We met Kristine Tudrope from South Africa through an online event. We couldn’t work out how to work with each other as we had similar interests, so we decided to do monthly Facebook lives together. That’s been happening now for over a year, see more on our YouTube channel.

Join a sports club, a choir, or a language course

Not only can you meet people interested in the same sports or interests, but you can also meet people from a variety of different professional backgrounds.
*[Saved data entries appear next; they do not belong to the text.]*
-- ===== src/Poll/Prepared.antt =====
-- What the control pipe and the bound socket, which a round serves first, leave of the slots.
use smtp_course_work.Base.{
  ℕ, suc, ◌≡◌, ◌≢◌, inl, inr, refl, subst, ap, Option, none, some, List, [], ◌∷◌, Bytes, length,
  ◌==◌, arith, Bool-cases,
}
use smtp_course_work.Stailq.{Stailq}
use smtp_course_work.Kernel.{Call, returns, waits, aborts, Call-cases}
use smtp_course_work.Poll.{
  Slot, AcceptReply, connected, interrupted, refused, ControlRead, add_fd, is_shut, accepted_in,
  accept_connection, process_control,
}
use smtp_course_work.Poll.Slots.{AllSlots, add_fd-Fresh}
use smtp_course_work.Poll.Control.{NoFailure, Owed, Controlled, process_control-Controlled}
use smtp_course_work.Poll.Round.{interrupted, poll_control, poll_bound}

module _ (sq : Stailq Bytes) where
  -- as many slots as before, all well formed
  abbrev pub Like : List (Slot sq) → List (Slot sq) → Type 0
  Like slots slots' = AllSlots sq slots' × (length slots' ≡ length slots)

  length-add_fd :
      (slots : List (Slot sq)) (socket : ℕ) → length (add_fd sq slots socket).1 ≡ length slots
  unfolding add_fd
  length-add_fd [] socket = refl
  length-add_fd (s ∷ slots) socket = elim (Bool-cases (is_shut s.cnct.state)) [
    | inl shut ↦ rw shut refl
    | inr other ↦ rw other (ap suc (length-add_fd slots socket))
  ]

  accepted_slots :
      (p : Option ℕ × List (Slot sq)) (socket : ℕ) → (accepted_in sq p socket).slots ≡ p.1
  unfolding accepted_in
  accepted_slots (none, slots) socket = refl
  accepted_slots (some i, slots) socket = refl

  accept_connection-Like :
      (answers : List AcceptReply) (slots : List (Slot sq))
      → AllSlots sq slots
      → Like slots (accept_connection sq answers slots).slots
  unfolding accept_connection
  accept_connection-Like [] slots v = (v, refl)
  accept_connection-Like (interrupted ∷ rs) slots v = accept_connection-Like rs slots v
  accept_connection-Like (refused ∷ rs) slots v = (v, refl)
  accept_connection-Like (connected socket ∷ rs) slots v =
      rw (accepted_slots (add_fd sq slots socket) socket)
        ((add_fd-Fresh sq slots socket v).0, length-add_fd slots socket)

  -- what the first two descriptors leave
  abbrev pub Prepared : List (Slot sq) → Call (ℕ × List (Slot sq)) → Type 0
  Prepared slots (returns (left, slots')) = Like slots slots'
  Prepared slots waits = Unit
  Prepared slots aborts = ⊥

  abbrev pub Owes : Option (List ControlRead) → List (Slot sq) → Type 0
  Owes none slots = Unit
  Owes (some rs) slots = Owed sq rs slots × NoFailure rs

  pub poll_control-Prepared :
      (c : Option (List ControlRead)) (left : ℕ) (slots : List (Slot sq))
      → AllSlots sq slots
      → Owes c slots
      → Prepared slots (poll_control sq c left slots)
  unfolding poll_control
  poll_control-Prepared none left slots v h = (v, refl)
  poll_control-Prepared (some rs) left slots v h =
      let k = process_control-Controlled sq rs slots v h.0 h.1 in
      elim (Bool-cases (left == 0)) [
        | inl z ↦ rw z (v, refl)
        | inr z ↦ elim (Call-cases (process_control sq rs slots)) [
          | inl (slots', e) ↦ rw (z, e, poll_control) (subst (Controlled sq slots) e k)
          | inr (inl e) ↦ rw (z, e, poll_control) tt
          | inr (inr e) ↦ rw (z, e, poll_control) (subst (Controlled sq slots) e k)
        ]
      ]

  accepted_in-runs :
      (p : Option ℕ × List (Slot sq)) (socket : ℕ) → (accepted_in sq p socket).result ≢ aborts
  unfolding accepted_in
  accepted_in-runs (none, slots) socket e = ground (arith, e)
  accepted_in-runs (some i, slots) socket e = ground (arith, e)

  accept_connection-runs :
      (answers : List AcceptReply) (slots : List (Slot sq))
      → (accept_connection sq answers slots).result ≢ aborts
  unfolding accept_connection accepted_in
  accept_connection-runs [] slots e = ground (arith, e)
  accept_connection-runs (interrupted ∷ rs) slots e = accept_connection-runs rs slots e
  accept_connection-runs (refused ∷ rs) slots e = ground (arith, e)
  accept_connection-runs (connected socket ∷ rs) slots e =
      accepted_in-runs (add_fd sq slots socket) socket e

  pub poll_bound-Prepared :
      (b : Option (List AcceptReply)) (left : ℕ) (slots : List (Slot sq))
      → AllSlots sq slots
      → Prepared slots (poll_bound sq b left slots)
  unfolding poll_bound
  poll_bound-Prepared none left slots v = (v, refl)
  poll_bound-Prepared (some answers) left slots v = elim (Bool-cases (left == 0)) [
    | inl z ↦ rw z (v, refl)
    | inr z ↦ elim (Call-cases (accept_connection sq answers slots).result) [
      | inl (n, e) ↦ rw (z, e, poll_bound) (accept_connection-Like answers slots v)
      | inr (inl e) ↦ rw (z, e, poll_bound) tt
      | inr (inr e) ↦ absurd (accept_connection-runs answers slots e)
    ]
  ]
Blue Ninja Julie met Dheeraj Ramchand at the Venture Café Thursday Gatherings – a networking event for entrepreneurs in Rotterdam – where he expressed interest in finding new content writing projects. 

Julie introduced herself as one of the Co-Directors of Blue Ninja, they discussed life and working in the Netherlands and Julie shared some potential contacts that may be of use to Dheeraj in his job search. Then a couple of weeks later she met Minite – a small startup company that provides student resources. This was an interesting proposition for us as we were needing expertise in the marketing space to get the Blue Ninja message out there. We placed an advertisement and one of the three people we shortlisted was Dheeraj! Apart from his impressive CV and skills, the fact that they had met really helped make the decision that Dheeraj was the right fit for the role.

You can find networking opportunities anywhere and everywhere – from birthday parties to a charity gala, you’ll be surprised where connections will be. Did you know that Louisa and Julie met via a local Facebook Group? It was a chance post on a Facebook group from a musician in Scotland, we connected as we had both lived and worked in the Edinburgh/Fife area for the last few years. After a few meetings, network events, and a dozen or so coffee mornings later the Blue Ninja partnership became a reality.

Check out your local council websites, the Expat Centre Leiden runs a free monthly meet and mingle event, we attended the first in-person event last month, for some people it was the first time they’d met anyone since moving to the area.

During career opportunities

You don’t need a full-time job to network. You can develop meaningful relationships through part-time work, internships, volunteering, and freelance projects by starting conversations with colleagues and clients.

Good conversation starters:

Introduce yourself:

Are you in a social setting? Start by introducing yourself, what you do, and some fun facts about yourself. 

After you’ve introduced yourself, be interested in getting to know the other person. Who are they? Active listening is very important when networking.

Talk about the weather:

In the Netherlands and most of Europe for that matter, the weather is always a hot (or, rainy) topic. Everyone loves soaking up the sun and complaining about the rain.

Ask a question:

An interesting question is a good way to attract someone’s attention. You can ask questions about someone’s career, something they said, or about something you notice.

Ask for advice:

Sometimes, asking for advice is a great conversation starter. This could be asking for recommendations on a good café nearby or insights on how to deal with a problem you have.